Stored data
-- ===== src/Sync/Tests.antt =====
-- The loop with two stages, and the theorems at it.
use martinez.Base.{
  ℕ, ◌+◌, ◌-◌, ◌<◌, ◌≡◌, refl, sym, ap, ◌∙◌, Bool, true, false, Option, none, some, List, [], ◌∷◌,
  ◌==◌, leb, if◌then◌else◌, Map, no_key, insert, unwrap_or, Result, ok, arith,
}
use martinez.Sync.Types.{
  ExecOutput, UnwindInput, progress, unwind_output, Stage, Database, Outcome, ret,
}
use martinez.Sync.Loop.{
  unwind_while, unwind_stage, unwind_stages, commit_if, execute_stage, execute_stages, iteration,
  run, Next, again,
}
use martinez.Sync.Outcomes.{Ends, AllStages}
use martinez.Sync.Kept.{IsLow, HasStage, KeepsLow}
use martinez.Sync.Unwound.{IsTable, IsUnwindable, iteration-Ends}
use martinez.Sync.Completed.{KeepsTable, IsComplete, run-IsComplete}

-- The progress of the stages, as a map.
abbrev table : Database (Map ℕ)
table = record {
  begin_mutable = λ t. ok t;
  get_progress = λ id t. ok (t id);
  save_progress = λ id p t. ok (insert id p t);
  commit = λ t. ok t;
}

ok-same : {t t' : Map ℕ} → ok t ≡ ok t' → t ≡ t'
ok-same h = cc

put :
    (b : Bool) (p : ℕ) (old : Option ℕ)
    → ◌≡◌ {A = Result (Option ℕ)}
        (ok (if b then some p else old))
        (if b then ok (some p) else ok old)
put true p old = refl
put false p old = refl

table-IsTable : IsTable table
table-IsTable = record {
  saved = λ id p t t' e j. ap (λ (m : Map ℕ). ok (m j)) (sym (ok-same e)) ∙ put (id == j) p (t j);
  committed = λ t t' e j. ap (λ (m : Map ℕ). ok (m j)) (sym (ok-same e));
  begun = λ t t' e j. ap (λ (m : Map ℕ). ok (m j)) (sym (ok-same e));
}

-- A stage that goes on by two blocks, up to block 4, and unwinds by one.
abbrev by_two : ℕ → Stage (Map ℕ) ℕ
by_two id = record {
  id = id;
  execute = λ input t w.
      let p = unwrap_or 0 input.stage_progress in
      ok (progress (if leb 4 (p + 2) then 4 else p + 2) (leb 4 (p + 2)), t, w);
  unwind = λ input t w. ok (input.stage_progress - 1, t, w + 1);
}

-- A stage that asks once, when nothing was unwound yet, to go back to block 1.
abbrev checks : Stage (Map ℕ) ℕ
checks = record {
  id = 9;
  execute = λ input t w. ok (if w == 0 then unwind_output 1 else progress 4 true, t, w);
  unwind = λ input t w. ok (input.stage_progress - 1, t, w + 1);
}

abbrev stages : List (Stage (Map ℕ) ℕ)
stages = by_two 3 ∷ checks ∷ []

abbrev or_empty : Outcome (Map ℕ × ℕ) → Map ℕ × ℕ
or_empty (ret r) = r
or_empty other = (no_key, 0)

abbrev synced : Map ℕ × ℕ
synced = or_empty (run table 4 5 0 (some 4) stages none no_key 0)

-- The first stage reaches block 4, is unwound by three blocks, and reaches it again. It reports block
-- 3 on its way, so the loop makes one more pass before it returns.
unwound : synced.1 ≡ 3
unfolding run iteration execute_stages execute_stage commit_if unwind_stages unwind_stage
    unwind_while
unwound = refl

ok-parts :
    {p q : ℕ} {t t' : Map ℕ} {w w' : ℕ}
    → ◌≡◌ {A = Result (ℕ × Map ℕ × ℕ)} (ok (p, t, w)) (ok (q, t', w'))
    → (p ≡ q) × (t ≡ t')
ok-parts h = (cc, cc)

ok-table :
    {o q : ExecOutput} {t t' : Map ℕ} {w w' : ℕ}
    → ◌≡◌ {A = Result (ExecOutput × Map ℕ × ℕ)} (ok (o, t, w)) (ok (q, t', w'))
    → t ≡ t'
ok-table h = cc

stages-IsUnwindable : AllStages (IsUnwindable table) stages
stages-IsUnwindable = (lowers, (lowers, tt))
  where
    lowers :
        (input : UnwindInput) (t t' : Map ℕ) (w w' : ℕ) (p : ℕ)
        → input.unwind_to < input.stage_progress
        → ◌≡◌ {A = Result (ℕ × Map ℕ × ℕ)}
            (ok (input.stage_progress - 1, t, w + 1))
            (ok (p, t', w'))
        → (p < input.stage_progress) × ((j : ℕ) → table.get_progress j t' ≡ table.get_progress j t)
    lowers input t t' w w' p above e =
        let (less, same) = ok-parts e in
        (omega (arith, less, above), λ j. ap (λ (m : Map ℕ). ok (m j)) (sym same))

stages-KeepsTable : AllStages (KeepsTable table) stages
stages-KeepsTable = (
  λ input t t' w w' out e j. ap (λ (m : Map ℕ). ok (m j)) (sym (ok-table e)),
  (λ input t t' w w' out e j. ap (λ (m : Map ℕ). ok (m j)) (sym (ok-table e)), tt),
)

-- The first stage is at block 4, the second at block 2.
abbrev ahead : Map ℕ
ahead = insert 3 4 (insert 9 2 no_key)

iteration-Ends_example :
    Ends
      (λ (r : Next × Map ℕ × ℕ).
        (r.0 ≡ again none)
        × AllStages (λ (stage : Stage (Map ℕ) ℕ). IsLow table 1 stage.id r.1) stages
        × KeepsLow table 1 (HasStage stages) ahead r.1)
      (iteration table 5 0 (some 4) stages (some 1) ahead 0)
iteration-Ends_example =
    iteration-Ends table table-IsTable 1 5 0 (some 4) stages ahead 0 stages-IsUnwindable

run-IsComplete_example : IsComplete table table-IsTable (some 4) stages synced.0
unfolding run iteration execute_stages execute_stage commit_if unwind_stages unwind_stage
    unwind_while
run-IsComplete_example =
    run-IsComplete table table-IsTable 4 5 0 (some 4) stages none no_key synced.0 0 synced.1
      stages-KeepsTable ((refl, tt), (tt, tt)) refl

---

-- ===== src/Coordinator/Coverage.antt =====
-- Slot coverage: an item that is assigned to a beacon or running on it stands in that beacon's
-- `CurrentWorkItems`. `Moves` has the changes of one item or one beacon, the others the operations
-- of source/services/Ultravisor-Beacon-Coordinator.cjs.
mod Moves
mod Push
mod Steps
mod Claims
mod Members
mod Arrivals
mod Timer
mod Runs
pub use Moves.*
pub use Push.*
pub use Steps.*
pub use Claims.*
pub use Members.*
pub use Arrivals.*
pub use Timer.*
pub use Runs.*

...

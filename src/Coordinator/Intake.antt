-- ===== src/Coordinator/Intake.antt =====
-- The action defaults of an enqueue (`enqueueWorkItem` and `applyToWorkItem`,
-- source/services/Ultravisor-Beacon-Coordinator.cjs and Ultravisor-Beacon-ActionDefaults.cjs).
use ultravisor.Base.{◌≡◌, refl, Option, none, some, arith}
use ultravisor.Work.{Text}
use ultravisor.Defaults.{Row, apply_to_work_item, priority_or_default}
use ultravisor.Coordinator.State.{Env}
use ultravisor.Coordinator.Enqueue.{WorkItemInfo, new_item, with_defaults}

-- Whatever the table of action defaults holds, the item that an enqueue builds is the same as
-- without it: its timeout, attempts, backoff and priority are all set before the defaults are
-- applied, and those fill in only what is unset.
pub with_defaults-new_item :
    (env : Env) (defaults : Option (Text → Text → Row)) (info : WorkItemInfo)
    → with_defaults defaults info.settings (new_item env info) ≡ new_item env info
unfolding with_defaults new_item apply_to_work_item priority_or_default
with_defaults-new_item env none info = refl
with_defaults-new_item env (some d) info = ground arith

| Exercise brief |
Each line above that holds the string "parts" should be copied and shown.

| Result of the task |
ok-parts :
ok-parts h = (cc, cc)
        let (less, same) = ok-parts e in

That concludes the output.